Print this, laminate it, and use a dry-erase marker. Or set it up in a chore chart app that tracks weekly totals automatically.

Common weekly chart mistakes

Setting the target too high. If your child can only realistically earn 90 points but the target is 100, they'll give up mid-week. Set the target at 85-90% of the maximum possible so they can miss a task and still succeed.

Not reviewing consistently. The Sunday review is what makes the weekly chart work. Skip it two weeks in a row and the system loses meaning. Put it in your calendar.

Letting weekly tasks pile up to Saturday. If your child procrastinates all weekly tasks to the weekend, gently point out the pattern. "You've got three big tasks and it's Saturday morning. Want to do one tonight instead?" Don't force it. Let the time pressure teach the lesson.

Rewards that work with weekly charts

Weekly charts pair naturally with weekly rewards. Instead of redeeming points daily, your child saves up all week and picks a reward on Sunday.

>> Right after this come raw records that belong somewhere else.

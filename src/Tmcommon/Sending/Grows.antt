-- ===== src/Tmcommon/Sending/Grows.antt =====
-- What sending does to the contexts and to the range of descriptors, whatever the system answers.
use tm.Base.{
  ℕ, ◌≤◌, ◌≡◌, refl, ap, subst, arith, inl, inr, Option-cases, Bool-cases, Outcome-cases, ok-value,
}
use tm.Base.{List, [], ◌∷◌, ◌++◌, length, set, none, ok, fault-ok, ltb, if◌then◌else◌}
use tm.Clib.Arena.{Arena, M, return, ◌>>=◌, load}
use tm.Clib.Arena.Blocks.{bind_returns}
use tm.Clib.Array
use tm.Clib.Array.{Array}
use tm.Clib.Array.Items.{item-items}
use tm.Clib.Buffer
use tm.Clib.Buffer.{Buffer}
use tm.Cnet.Stream.{Status, finished, failed, ongoing, SendEvent, Watch, Sent, fd_set, net_send2}
use tm.Cnet.HostAddr.{to_sock_addr}
use tm.Cnet.Stream.Watched.{net_send2-larger}
use tm.Tmcommon.Contexts.{SocketCtx, ctx_new, find_by_toaddr}
use tm.Tmcommon.Contexts.Grown.{Grown, Grown-refl, Grown-trans, Grown-set, ctx_new-Grown}
use tm.Tmcommon.Peers.{Peer}
use tm.Tmcommon.Sending.{
  asked_connect, World, Attempt, no_socket, no_connection, connected, sent, queue, send_now,
  keep_rest, after_send, send_msg_to_hostaddr, send_msg_to_peers,
}

-- The contexts stay, new ones are open, and the range of descriptors only grows.
pub record Grows (w w' : World) : Type 0 where
  pub ctxs : Grown w.ctxs.items w'.ctxs.items
  pub larger : w.watch.maxfd ≤ w'.watch.maxfd

pub Grows-refl : (w : World) → Grows w w
Grows-refl w = record { ctxs = Grown-refl w.ctxs.items; larger = omega arith }

pub Grows-trans : (u v w : World) → Grows u v → Grows v w → Grows u w
Grows-trans u v w g h = record {
  ctxs = Grown-trans u.ctxs.items v.ctxs.items w.ctxs.items g.ctxs h.ctxs;
  larger =
      let k : u.watch.maxfd ≤ v.watch.maxfd = g.larger in
      let l : v.watch.maxfd ≤ w.watch.maxfd = h.larger in omega arith;
}

queue-Grows :
    (bytes : List ℕ) (i : ℕ) (w w' : World) (a b : Arena)
    → queue bytes i w a ≡ ok (w', b)
    → Grows w w'
unfolding queue
queue-Grows bytes i w w' a b h =
    let after : SocketCtx → Buffer → World = λ ctx buf. record w {
      ctxs = record w.ctxs { items = set w.ctxs.items i (record ctx { writebuf = buf }) };
    } in
    let (ctx, a₁, e₁, h₁) =
      bind_returns (Array.item w.ctxs i)
        (λ ctx. do buf ← Buffer.append ctx.writebuf bytes; return (after ctx buf)) a b w' h in
    let (buf, a₂, e₂, h₂) =
      bind_returns (Buffer.append ctx.writebuf bytes) (λ buf. return (after ctx buf)) a₁ b w' h₁ in
    subst (λ v. Grows w v) (ok-value h₂)
      (record {
        ctxs =
            Grown-set w.ctxs.items i ctx (record ctx { writebuf = buf })
              (item-items w.ctxs i ctx a a₁ e₁) refl refl;
        larger = omega arith;
      })

send_now-larger :
    (bytes wire left : List ℕ) (fd : ℕ) (sends : List SendEvent) (w w' : Watch) (z : Status)
    (a b : Arena)
    → send_now bytes fd sends w a ≡ ok ((z, wire, left, w'), b)
    → w.maxfd ≤ w'.maxfd
unfolding send_now
send_now-larger bytes wire left fd sends w w' z a b h =
    let finish : Sent × Watch → M (Status × List ℕ × List ℕ × Watch) =
      λ t. (do rest ← load t.0.buf.bs t.0.buf.len; return (t.0.status, t.0.wire, rest, t.1)) in
    let (buf, a₁, e₁, h₁) =
      bind_returns (Buffer.new (length bytes))
        (λ buf. do sendbuf ← Buffer.append buf bytes; t ← net_send2 fd sends sendbuf w; finish t) a
        b (z, wire, left, w') h in
    let (sendbuf, a₂, e₂, h₂) =
      bind_returns (Buffer.append buf bytes)
        (λ sendbuf. do t ← net_send2 fd sends sendbuf w; finish t) a₁ b (z, wire, left, w') h₁ in
    let (t, a₃, e₃, h₃) =
      bind_returns (net_send2 fd sends sendbuf w) finish a₂ b (z, wire, left, w') h₂ in
    let (rest, a₄, e₄, h₄) =
      bind_returns (load t.0.buf.bs t.0.buf.len) (λ rest. return (t.0.status, t.0.wire, rest, t.1))
        a₃ b (z, wire, left, w') h₃ in
    subst (λ v. w.maxfd ≤ v.maxfd) (ap (λ r. r.3) (ok-value h₄))
      (net_send2-larger fd sends sendbuf w t.1 t.0 a₂ a₃ e₃)

keep_rest-Grows :
    (fd toaddr : ℕ) (left : List ℕ) (w w' : World) (a b : Arena)
    → keep_rest fd toaddr left w a ≡ ok (w', b)
    → Grows w w'
unfolding keep_rest
keep_rest-Grows fd toaddr left w w' a b h =
    let watched : World → World = λ v. record v {
      watch = record {
        writefds = fd_set fd v.watch.writefds;
        maxfd = if ltb v.watch.maxfd fd then fd else v.watch.maxfd;
      };
    } in
    let (t, a₁, e₁, h₁) =
      bind_returns (ctx_new fd w.ctxs 0 toaddr 1 64)
        (λ t. do v ← queue left t.1 (record w { ctxs = t.0 }); return (watched v)) a b w' h in
    let (v, a₂, e₂, h₂) =
      bind_returns (queue left t.1 (record w { ctxs = t.0 })) (λ v. return (watched v)) a₁ b w'
        h₁ in
    let made : Grows w (record w { ctxs = t.0 }) = record {
      ctxs = (ctx_new-Grown fd 0 toaddr 1 64 w.ctxs t.0 t.1 a a₁ e₁).0;
      larger = omega arith;
    } in
    let done : Grows v (watched v) = record {
      ctxs = Grown-refl v.ctxs.items;
      larger = ground arith;
    } in
    subst (λ u. Grows w u) (ok-value h₂)
      (Grows-trans w v (watched v)
        (Grows-trans w (record w { ctxs = t.0 }) v made
          (queue-Grows left t.1 (record w { ctxs = t.0 }) v a₁ a₂ e₂))
        done)

after_send-Grows :
    (fd toaddr : ℕ) (z z' : Status) (left : List ℕ) (w w' : World) (a b : Arena)
    → after_send fd toaddr z left w a ≡ ok ((w', z'), b)
    → Grows w w'
unfolding after_send
after_send-Grows fd toaddr failed z' left w w' a b h =
    subst (λ v. Grows w v) (ap (λ t. t.0) (ok-value h))
      (record { ctxs = Grown-refl w.ctxs.items; larger = omega arith })
after_send-Grows fd toaddr finished z' left w w' a b h =
    subst (λ v. Grows w v) (ap (λ t. t.0) (ok-value h))
      (record { ctxs = Grown-refl w.ctxs.items; larger = omega arith })
after_send-Grows fd toaddr ongoing z' left w w' a b h =
    let (v, a₁, e₁, h₁) =
      bind_returns (keep_rest fd toaddr left w) (λ v. return (v, finished)) a b (w', z') h in
    subst (λ u. Grows w u) (ap (λ t. t.0) (ok-value h₁))
      (keep_rest-Grows fd toaddr left w v a a₁ e₁)

-- Where no context has the address.
opened-Grows :
    (scratch : Arena) (bytes : List ℕ) (toaddr : ℕ) (attempts : List Attempt) (w w' : World)
    (z : Status) (a b : Arena)
    → w.attempts ≡ attempts
    → find_by_toaddr toaddr 0 w.ctxs.items ≡ none
    → send_msg_to_hostaddr scratch bytes toaddr w a ≡ ok ((w', z), b)
    → Grows w w'
unfolding send_msg_to_hostaddr
opened-Grows scratch bytes toaddr [] w w' z a b e f h =
    absurd (fault-ok (rw (send_msg_to_hostaddr, f, e) at h))
opened-Grows scratch bytes toaddr (no_socket ∷ rest) w w' z a b e f h =
    subst (λ v. Grows w v) (ap (λ t. t.0) (ok-value (rw (send_msg_to_hostaddr, f, e) at h)))
      (record { ctxs = Grown-refl w.ctxs.items; larger = omega arith })
opened-Grows scratch bytes toaddr (no_connection fd ∷ rest) w w' z a b e f h =
    subst (λ v. Grows w v) (ap (λ t. t.0) (ok-value (rw (send_msg_to_hostaddr, f, e) at h)))
      (record { ctxs = Grown-refl w.ctxs.items; larger = omega arith })
opened-Grows scratch bytes toaddr (connected fd sends ∷ rest) w w' z a b e f h =
    elim (Outcome-cases (send_now bytes fd sends w.watch scratch)) [
      | inr (bad, g) ↦ absurd (fault-ok (rw (send_msg_to_hostaddr, f, e, g) at h))
      | inl (((status, wire, left, watch), s), g) ↦
          let v : World = record w {
            watch = watch;
            attempts = rest;
            log = w.log ++ (asked_connect fd (to_sock_addr toaddr) ∷ sent fd wire ∷ []);
          } in
          Grows-trans w v w'
            (record {
              ctxs = Grown-refl w.ctxs.items;
              larger = send_now-larger bytes wire left fd sends w.watch watch status scratch s g;
            })
            (after_send-Grows fd toaddr status z left v w' a b
              (rw (send_msg_to_hostaddr, f, e, g) at h))
    ]

pub send_msg_to_hostaddr-Grows :
    (scratch : Arena) (bytes : List ℕ) (toaddr : ℕ) (w w' : World) (z : Status) (a b : Arena)
    → send_msg_to_hostaddr scratch bytes toaddr w a ≡ ok ((w', z), b)
    → Grows w w'
unfolding send_msg_to_hostaddr
send_msg_to_hostaddr-Grows scratch bytes toaddr w w' z a b h =
    elim (Option-cases (find_by_toaddr toaddr 0 w.ctxs.items)) [
      | inl e ↦ opened-Grows scratch bytes toaddr w.attempts w w' z a b refl e h
      | inr (i, e) ↦
          let (v, a₁, e₁, h₁) =
            bind_returns (queue bytes i w) (λ v. return (v, ongoing)) a b (w', z)
              (rw (send_msg_to_hostaddr, e) at h) in
          subst (λ u. Grows w u) (ap (λ t. t.0) (ok-value h₁)) (queue-Grows bytes i w v a a₁ e₁)
    ]

pub send_msg_to_peers-Grows :
    (scratch : Arena) (bytes : List ℕ) (ps : List Peer) (w w' : World) (a b : Arena)
    → send_msg_to_peers scratch bytes ps w a ≡ ok (w', b)
    → Grows w w'
unfolding send_msg_to_peers
send_msg_to_peers-Grows scratch bytes [] w w' a b h =
    subst (λ v. Grows w v) (ok-value h) (Grows-refl w)
send_msg_to_peers-Grows scratch bytes (p ∷ ps) w w' a b h = elim (Bool-cases p.active) [
  | inr e ↦ send_msg_to_peers-Grows scratch bytes ps w w' a b (rw (send_msg_to_peers, e) at h)
  | inl e ↦
      let (t, a₁, e₁, h₁) =
        bind_returns (send_msg_to_hostaddr scratch bytes p.toaddr w)
          (λ t. send_msg_to_peers scratch bytes ps t.0) a b w' (rw (send_msg_to_peers, e) at h) in
      Grows-trans w t.0 w' (send_msg_to_hostaddr-Grows scratch bytes p.toaddr w t.0 t.1 a a₁ e₁)
        (send_msg_to_peers-Grows scratch bytes ps t.0 w' a₁ b h₁)
]
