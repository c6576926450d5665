-- ===== src/Codec.antt =====
-- src/codec.rs: the CRC of RTU frames, the LRC and the hexadecimal digits of ASCII frames, and the
-- encoders of both framings.
mod Runs
pub mod Lrc
pub mod Crc
pub mod CrcDivision
pub mod Hex
use oms_modbus.Base.{ℕ, zero, suc, ◌+◌, ◌-◌, ◌*◌, ◌/◌, ◌%◌, ◌^◌, Bool, not, List, [], ◌∷◌, ◌++◌}
use oms_modbus.Base.{if◌then◌else◌, ◌==◌, bit_and, bit_xor, get_or}

-- One round of the `while j < 8` loop, and all of them.
unfoldable pub crc_step : ℕ → ℕ
crc_step crc = if not (bit_and crc 1 == 0) then bit_xor (crc / 2) 0xa001 else crc / 2

unfoldable pub crc_rounds : ℕ → ℕ → ℕ
crc_rounds zero crc = crc
crc_rounds (suc n) crc = crc_rounds n (crc_step crc)

-- The `while i < 256` loop: the entries from `i` on, `n` of them.
unfoldable pub crc_entries : ℕ → ℕ → List ℕ
crc_entries i zero = []
crc_entries i (suc n) = crc_rounds 8 i ∷ crc_entries (i + 1) n

-- `CRC_TABLE`
unfoldable pub crc_table : List ℕ
crc_table = crc_entries 0 256

unfoldable pub crc_byte : ℕ → ℕ → ℕ
crc_byte crc byte = bit_xor (crc / 2 ^ 8) (get_or crc_table (bit_xor (crc % 2 ^ 8) byte) 0)

unfoldable pub crc_from : ℕ → List ℕ → ℕ
crc_from crc [] = crc
crc_from crc (byte ∷ data_) = crc_from (crc_byte crc byte) data_

unfoldable pub calculate_crc : List ℕ → ℕ
calculate_crc = crc_from 0xffff

-- `encode_rtu_frame`: the frame is appended, its CRC with the low byte first.
unfoldable pub encode_rtu_frame : List ℕ → List ℕ → List ℕ
encode_rtu_frame data_ buf =
    let crc = calculate_crc data_ in (buf ++ data_) ++ ((crc % 256) ∷ (crc / 256) ∷ [])

abbrev pub ascii_start : ℕ
ascii_start = b':'

abbrev pub cr : ℕ
cr = 0x0d

abbrev pub lf : ℕ
lf = 0x0a

-- `fold(0u8, wrapping_add)`
unfoldable pub wrapping_sum : ℕ → List ℕ → ℕ
wrapping_sum acc [] = acc
wrapping_sum acc (b ∷ data_) = wrapping_sum ((acc + b) % 2 ^ 8) data_

-- `calculate_lrc`, with `wrapping_neg`.
unfoldable pub calculate_lrc : List ℕ → ℕ
calculate_lrc data_ = (2 ^ 8 - wrapping_sum 0 data_) % 2 ^ 8

abbrev pub hex_digits : List ℕ
hex_digits =
    b'0' ∷ b'1' ∷ b'2' ∷ b'3' ∷ b'4' ∷ b'5' ∷ b'6' ∷ b'7' ∷ b'8' ∷ b'9' ∷ b'A' ∷ b'B' ∷ b'C' ∷ b'D'
    ∷ b'E' ∷ b'F' ∷ []

abbrev pub hex_digit : ℕ → ℕ
hex_digit nibble = get_or hex_digits nibble 0

unfoldable pub hex_encode_byte : ℕ → List ℕ
hex_encode_byte byte = hex_digit (byte / 2 ^ 4) ∷ hex_digit (bit_and byte 0x0f) ∷ []

unfoldable pub hex_encode : List ℕ → List ℕ
hex_encode [] = []
hex_encode (b ∷ data_) = hex_encode_byte b ++ hex_encode data_

-- `encode_ascii_frame_into`, on the buffer that it appends to, and `encode_ascii_frame`.
unfoldable pub encode_ascii_frame_into : List ℕ → List ℕ → List ℕ
encode_ascii_frame_into data_ buf =
    buf
    ++ (ascii_start ∷ hex_encode data_ ++ (hex_encode_byte (calculate_lrc data_) ++ (cr ∷ lf ∷ [])))

unfoldable pub encode_ascii_frame : List ℕ → List ℕ
encode_ascii_frame data_ = encode_ascii_frame_into data_ []
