-- ===== src/Base/Ranges.antt =====
-- Facts about every number below a bound, or every list of Booleans of one length, by evaluation.
use Prim.Native.Nat.{ℕ, zero, suc, ◌<◌}
use mathlib.Core.Path.{◌≡◌, refl, ap₂}
use mathlib.Core.Bool.{Bool, true, false, ◌&&◌}
use mathlib.Core.List.{List, [], ◌∷◌}
use native.Mathlib.Omega.{arith}
use oms_modbus.Base.Lists.{length}

unfoldable pub all_below : ℕ → (ℕ → Bool) → Bool
all_below zero test = true
all_below (suc bound) test = all_below bound test && test bound

pub all_below_sound :
    (bound : ℕ) (test : ℕ → Bool) (k : ℕ) → all_below bound test ≡ true → k < bound → test k ≡ true
unfolding all_below
all_below_sound zero test k checked below = absurd (omega arith)
all_below_sound (suc bound) test k checked below = ground (arith, all_below_sound bound test k)

unfoldable pub all_bools : ℕ → (List Bool → Bool) → Bool
all_bools zero p = p []
all_bools (suc n) p = all_bools n (λ l. p (true ∷ l)) && all_bools n (λ l. p (false ∷ l))

pub and_left : (a b : Bool) → (a && b) ≡ true → a ≡ true
and_left a b h = ground arith

pub and_right : (a b : Bool) → (a && b) ≡ true → b ≡ true
and_right a b h = ground arith

pub all_bools_sound :
    (n : ℕ) (p : List Bool → Bool) (l : List Bool)
    → all_bools n p ≡ true
    → length l ≡ n
    → p l ≡ true
unfolding all_bools
all_bools_sound zero p [] h e = h
all_bools_sound zero p (x ∷ l) h e = absurd (omega arith)
all_bools_sound (suc n) p [] h e = absurd (omega arith)
all_bools_sound (suc n) p (true ∷ l) h e =
    all_bools_sound n (λ t. p (true ∷ t)) l (and_left _ _ h) (omega arith)
all_bools_sound (suc n) p (false ∷ l) h e =
    all_bools_sound n (λ t. p (false ∷ t)) l (and_right _ _ h) (omega arith)

unfoldable pub bool_eq : Bool → Bool → Bool
bool_eq true b = b
bool_eq false true = false
bool_eq false false = true

pub bool_eq-eq : (a b : Bool) → bool_eq a b ≡ true → a ≡ b
unfolding bool_eq
bool_eq-eq true b h = cc
bool_eq-eq false true h = cc
bool_eq-eq false false h = refl

unfoldable pub bools_eq : List Bool → List Bool → Bool
unfolding bool_eq
bools_eq [] [] = true
bools_eq [] (y ∷ ys) = false
bools_eq (x ∷ xs) [] = false
bools_eq (x ∷ xs) (y ∷ ys) = bool_eq x y && bools_eq xs ys

pub bools_eq-eq : (xs ys : List Bool) → bools_eq xs ys ≡ true → xs ≡ ys
unfolding bools_eq
bools_eq-eq [] [] h = refl
bools_eq-eq [] (y ∷ ys) h = cc
bools_eq-eq (x ∷ xs) [] h = cc
bools_eq-eq (x ∷ xs) (y ∷ ys) h =
    ap₂ ◌∷◌ (bool_eq-eq x y (and_left _ _ h)) (bools_eq-eq xs ys (and_right _ _ h))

Some reward ideas that work well with weekly cycles:

  • Hit the weekly target = choose the family movie
  • Beat the target by 10+ = stay up 30 minutes late on Friday
  • Three weeks in a row hitting target = choose a family outing

The weekly rhythm makes rewards feel more earned and more special than daily redemptions.

The bottom line

A weekly chore chart gives older kids freedom to plan while still holding them accountable. Keep daily essentials on a daily track, move bigger tasks to a weekly schedule, set a clear points target, and review together every Sunday.

The shift from daily to weekly is a maturity milestone. It says "I trust you to manage your time." Most kids rise to meet that trust.